Exercise description: Each record has to be repeated exactly as given.

Records from a collection:
*****

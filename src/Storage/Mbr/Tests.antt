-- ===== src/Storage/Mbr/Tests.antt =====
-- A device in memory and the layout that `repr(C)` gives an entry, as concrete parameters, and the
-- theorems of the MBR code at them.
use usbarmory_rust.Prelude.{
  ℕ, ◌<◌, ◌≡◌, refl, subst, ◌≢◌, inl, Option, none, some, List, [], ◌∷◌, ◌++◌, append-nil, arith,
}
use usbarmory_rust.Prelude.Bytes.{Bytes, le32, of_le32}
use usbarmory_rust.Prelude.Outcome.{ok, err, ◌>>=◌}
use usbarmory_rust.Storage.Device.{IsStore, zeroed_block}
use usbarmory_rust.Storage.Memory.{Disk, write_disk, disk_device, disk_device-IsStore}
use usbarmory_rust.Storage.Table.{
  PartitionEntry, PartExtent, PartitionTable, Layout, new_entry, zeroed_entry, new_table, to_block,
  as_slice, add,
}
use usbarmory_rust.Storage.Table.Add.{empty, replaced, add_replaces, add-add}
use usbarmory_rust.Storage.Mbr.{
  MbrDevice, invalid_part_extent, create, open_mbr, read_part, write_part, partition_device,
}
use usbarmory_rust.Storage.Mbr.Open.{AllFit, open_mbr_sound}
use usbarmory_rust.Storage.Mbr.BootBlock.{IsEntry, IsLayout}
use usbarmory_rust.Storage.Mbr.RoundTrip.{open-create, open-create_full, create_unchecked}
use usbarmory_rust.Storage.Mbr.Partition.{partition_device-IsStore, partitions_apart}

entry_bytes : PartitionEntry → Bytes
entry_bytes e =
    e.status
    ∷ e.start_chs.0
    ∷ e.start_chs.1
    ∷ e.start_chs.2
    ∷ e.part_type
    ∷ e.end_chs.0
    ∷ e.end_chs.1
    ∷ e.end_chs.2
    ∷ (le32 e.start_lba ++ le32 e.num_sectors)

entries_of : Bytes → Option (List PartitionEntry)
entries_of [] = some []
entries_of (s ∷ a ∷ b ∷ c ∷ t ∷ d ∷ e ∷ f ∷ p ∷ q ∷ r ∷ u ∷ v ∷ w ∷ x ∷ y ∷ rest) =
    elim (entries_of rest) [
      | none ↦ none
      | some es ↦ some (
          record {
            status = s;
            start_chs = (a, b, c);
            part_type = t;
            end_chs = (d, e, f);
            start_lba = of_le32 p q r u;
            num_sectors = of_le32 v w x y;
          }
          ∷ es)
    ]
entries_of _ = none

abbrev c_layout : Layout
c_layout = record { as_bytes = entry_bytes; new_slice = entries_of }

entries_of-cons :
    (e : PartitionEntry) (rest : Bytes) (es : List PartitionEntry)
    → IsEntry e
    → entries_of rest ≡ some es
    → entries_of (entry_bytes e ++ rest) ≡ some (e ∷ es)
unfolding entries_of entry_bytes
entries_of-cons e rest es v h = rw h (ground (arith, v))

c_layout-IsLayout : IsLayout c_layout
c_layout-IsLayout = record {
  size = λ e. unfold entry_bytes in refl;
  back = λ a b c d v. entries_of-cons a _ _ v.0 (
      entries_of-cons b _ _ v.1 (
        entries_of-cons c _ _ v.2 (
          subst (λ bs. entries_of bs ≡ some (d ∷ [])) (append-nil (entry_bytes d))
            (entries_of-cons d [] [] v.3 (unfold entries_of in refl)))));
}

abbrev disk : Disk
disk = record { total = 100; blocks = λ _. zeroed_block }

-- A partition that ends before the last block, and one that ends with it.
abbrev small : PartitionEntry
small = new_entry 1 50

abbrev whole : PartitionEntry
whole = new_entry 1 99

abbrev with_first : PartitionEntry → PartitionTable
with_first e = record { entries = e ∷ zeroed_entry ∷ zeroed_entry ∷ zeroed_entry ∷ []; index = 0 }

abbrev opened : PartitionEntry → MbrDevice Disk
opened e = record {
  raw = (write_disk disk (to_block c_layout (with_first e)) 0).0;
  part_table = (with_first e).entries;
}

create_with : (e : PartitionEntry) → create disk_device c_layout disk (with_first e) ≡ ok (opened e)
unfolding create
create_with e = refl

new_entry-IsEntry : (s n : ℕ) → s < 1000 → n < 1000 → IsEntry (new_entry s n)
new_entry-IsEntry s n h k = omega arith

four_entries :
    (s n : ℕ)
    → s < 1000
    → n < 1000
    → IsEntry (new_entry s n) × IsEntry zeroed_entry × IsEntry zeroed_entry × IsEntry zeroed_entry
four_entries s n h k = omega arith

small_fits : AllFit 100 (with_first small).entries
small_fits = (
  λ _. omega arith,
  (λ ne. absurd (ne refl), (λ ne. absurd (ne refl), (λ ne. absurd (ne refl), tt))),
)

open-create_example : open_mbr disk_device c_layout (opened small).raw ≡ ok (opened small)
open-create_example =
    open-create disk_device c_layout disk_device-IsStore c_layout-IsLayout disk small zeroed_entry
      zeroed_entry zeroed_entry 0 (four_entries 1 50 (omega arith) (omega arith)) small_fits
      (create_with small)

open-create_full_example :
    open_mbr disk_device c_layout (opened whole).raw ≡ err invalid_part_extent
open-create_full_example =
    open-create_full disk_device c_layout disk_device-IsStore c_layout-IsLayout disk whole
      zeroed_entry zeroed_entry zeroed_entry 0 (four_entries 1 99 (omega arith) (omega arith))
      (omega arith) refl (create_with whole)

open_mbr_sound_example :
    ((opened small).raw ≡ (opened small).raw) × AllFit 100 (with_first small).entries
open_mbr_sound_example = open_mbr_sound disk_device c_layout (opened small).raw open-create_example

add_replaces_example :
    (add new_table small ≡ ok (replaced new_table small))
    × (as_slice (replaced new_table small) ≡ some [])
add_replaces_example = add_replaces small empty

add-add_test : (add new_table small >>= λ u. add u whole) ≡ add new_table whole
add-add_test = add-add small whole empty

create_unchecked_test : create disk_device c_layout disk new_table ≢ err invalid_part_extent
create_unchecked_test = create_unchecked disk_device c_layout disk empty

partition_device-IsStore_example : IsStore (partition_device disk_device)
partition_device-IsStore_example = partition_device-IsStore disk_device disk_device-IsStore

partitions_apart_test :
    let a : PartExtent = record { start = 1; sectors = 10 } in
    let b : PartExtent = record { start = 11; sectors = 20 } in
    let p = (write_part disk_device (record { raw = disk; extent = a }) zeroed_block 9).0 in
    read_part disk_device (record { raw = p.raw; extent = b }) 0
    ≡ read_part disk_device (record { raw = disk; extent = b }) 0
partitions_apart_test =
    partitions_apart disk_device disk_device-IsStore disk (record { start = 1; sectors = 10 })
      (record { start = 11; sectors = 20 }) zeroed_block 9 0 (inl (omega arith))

*****

Exercise answer:
filename src/Storage/Mbr/Tests.antt
-- ===== src/Storage/Mbr/Tests.antt =====
-- A device in memory and the layout that `repr(C)` gives an entry, as concrete parameters, and the
-- theorems of the MBR code at them.
use usbarmory_rust.Prelude.{
  ℕ, ◌<◌, ◌≡◌, refl, subst, ◌≢◌, inl, Option, none, some, List, [], ◌∷◌, ◌++◌, append-nil, arith,
}
use usbarmory_rust.Prelude.Bytes.{Bytes, le32, of_le32}
use usbarmory_rust.Prelude.Outcome.{ok, err, ◌>>=◌}
use usbarmory_rust.Storage.Device.{IsStore, zeroed_block}
use usbarmory_rust.Storage.Memory.{Disk, write_disk, disk_device, disk_device-IsStore}
use usbarmory_rust.Storage.Table.{
  PartitionEntry, PartExtent, PartitionTable, Layout, new_entry, zeroed_entry, new_table, to_block,
  as_slice, add,
}
use usbarmory_rust.Storage.Table.Add.{empty, replaced, add_replaces, add-add}
use usbarmory_rust.Storage.Mbr.{
  MbrDevice, invalid_part_extent, create, open_mbr, read_part, write_part, partition_device,
}
use usbarmory_rust.Storage.Mbr.Open.{AllFit, open_mbr_sound}
use usbarmory_rust.Storage.Mbr.BootBlock.{IsEntry, IsLayout}
use usbarmory_rust.Storage.Mbr.RoundTrip.{open-create, open-create_full, create_unchecked}
use usbarmory_rust.Storage.Mbr.Partition.{partition_device-IsStore, partitions_apart}

entry_bytes : PartitionEntry → Bytes
entry_bytes e =
    e.status
    ∷ e.start_chs.0
    ∷ e.start_chs.1
    ∷ e.start_chs.2
    ∷ e.part_type
    ∷ e.end_chs.0
    ∷ e.end_chs.1
    ∷ e.end_chs.2
    ∷ (le32 e.start_lba ++ le32 e.num_sectors)

entries_of : Bytes → Option (List PartitionEntry)
entries_of [] = some []
entries_of (s ∷ a ∷ b ∷ c ∷ t ∷ d ∷ e ∷ f ∷ p ∷ q ∷ r ∷ u ∷ v ∷ w ∷ x ∷ y ∷ rest) =
    elim (entries_of rest) [
      | none ↦ none
      | some es ↦ some (
          record {
            status = s;
            start_chs = (a, b, c);
            part_type = t;
            end_chs = (d, e, f);
            start_lba = of_le32 p q r u;
            num_sectors = of_le32 v w x y;
          }
          ∷ es)
    ]
entries_of _ = none

abbrev c_layout : Layout
c_layout = record { as_bytes = entry_bytes; new_slice = entries_of }

entries_of-cons :
    (e : PartitionEntry) (rest : Bytes) (es : List PartitionEntry)
    → IsEntry e
    → entries_of rest ≡ some es
    → entries_of (entry_bytes e ++ rest) ≡ some (e ∷ es)
unfolding entries_of entry_bytes
entries_of-cons e rest es v h = rw h (ground (arith, v))

c_layout-IsLayout : IsLayout c_layout
c_layout-IsLayout = record {
  size = λ e. unfold entry_bytes in refl;
  back = λ a b c d v. entries_of-cons a _ _ v.0 (
      entries_of-cons b _ _ v.1 (
        entries_of-cons c _ _ v.2 (
          subst (λ bs. entries_of bs ≡ some (d ∷ [])) (append-nil (entry_bytes d))
            (entries_of-cons d [] [] v.3 (unfold entries_of in refl)))));
}

abbrev disk : Disk
disk = record { total = 100; blocks = λ _. zeroed_block }

-- A partition that ends before the last block, and one that ends with it.
abbrev small : PartitionEntry
small = new_entry 1 50

abbrev whole : PartitionEntry
whole = new_entry 1 99

abbrev with_first : PartitionEntry → PartitionTable
with_first e = record { entries = e ∷ zeroed_entry ∷ zeroed_entry ∷ zeroed_entry ∷ []; index = 0 }

abbrev opened : PartitionEntry → MbrDevice Disk
opened e = record {
  raw = (write_disk disk (to_block c_layout (with_first e)) 0).0;
  part_table = (with_first e).entries;
}

create_with : (e : PartitionEntry) → create disk_device c_layout disk (with_first e) ≡ ok (opened e)
unfolding create
create_with e = refl

new_entry-IsEntry : (s n : ℕ) → s < 1000 → n < 1000 → IsEntry (new_entry s n)
new_entry-IsEntry s n h k = omega arith

four_entries :
    (s n : ℕ)
    → s < 1000
    → n < 1000
    → IsEntry (new_entry s n) × IsEntry zeroed_entry × IsEntry zeroed_entry × IsEntry zeroed_entry
four_entries s n h k = omega arith

small_fits : AllFit 100 (with_first small).entries
small_fits = (
  λ _. omega arith,
  (λ ne. absurd (ne refl), (λ ne. absurd (ne refl), (λ ne. absurd (ne refl), tt))),
)

open-create_example : open_mbr disk_device c_layout (opened small).raw ≡ ok (opened small)
open-create_example =
    open-create disk_device c_layout disk_device-IsStore c_layout-IsLayout disk small zeroed_entry
      zeroed_entry zeroed_entry 0 (four_entries 1 50 (omega arith) (omega arith)) small_fits
      (create_with small)

open-create_full_example :
    open_mbr disk_device c_layout (opened whole).raw ≡ err invalid_part_extent
open-create_full_example =
    open-create_full disk_device c_layout disk_device-IsStore c_layout-IsLayout disk whole
      zeroed_entry zeroed_entry zeroed_entry 0 (four_entries 1 99 (omega arith) (omega arith))
      (omega arith) refl (create_with whole)

open_mbr_sound_example :
    ((opened small).raw ≡ (opened small).raw) × AllFit 100 (with_first small).entries
open_mbr_sound_example = open_mbr_sound disk_device c_layout (opened small).raw open-create_example

add_replaces_example :
    (add new_table small ≡ ok (replaced new_table small))
    × (as_slice (replaced new_table small) ≡ some [])
add_replaces_example = add_replaces small empty

add-add_test : (add new_table small >>= λ u. add u whole) ≡ add new_table whole
add-add_test = add-add small whole empty

create_unchecked_test : create disk_device c_layout disk new_table ≢ err invalid_part_extent
create_unchecked_test = create_unchecked disk_device c_layout disk empty

partition_device-IsStore_example : IsStore (partition_device disk_device)
partition_device-IsStore_example = partition_device-IsStore disk_device disk_device-IsStore

partitions_apart_test :
    let a : PartExtent = record { start = 1; sectors = 10 } in
    let b : PartExtent = record { start = 11; sectors = 20 } in
    let p = (write_part disk_device (record { raw = disk; extent = a }) zeroed_block 9).0 in
    read_part disk_device (record { raw = p.raw; extent = b }) 0
    ≡ read_part disk_device (record { raw = disk; extent = b }) 0
partitions_apart_test =
    partitions_apart disk_device disk_device-IsStore disk (record { start = 1; sectors = 10 })
      (record { start = 11; sectors = 20 }) zeroed_block 9 0 (inl (omega arith))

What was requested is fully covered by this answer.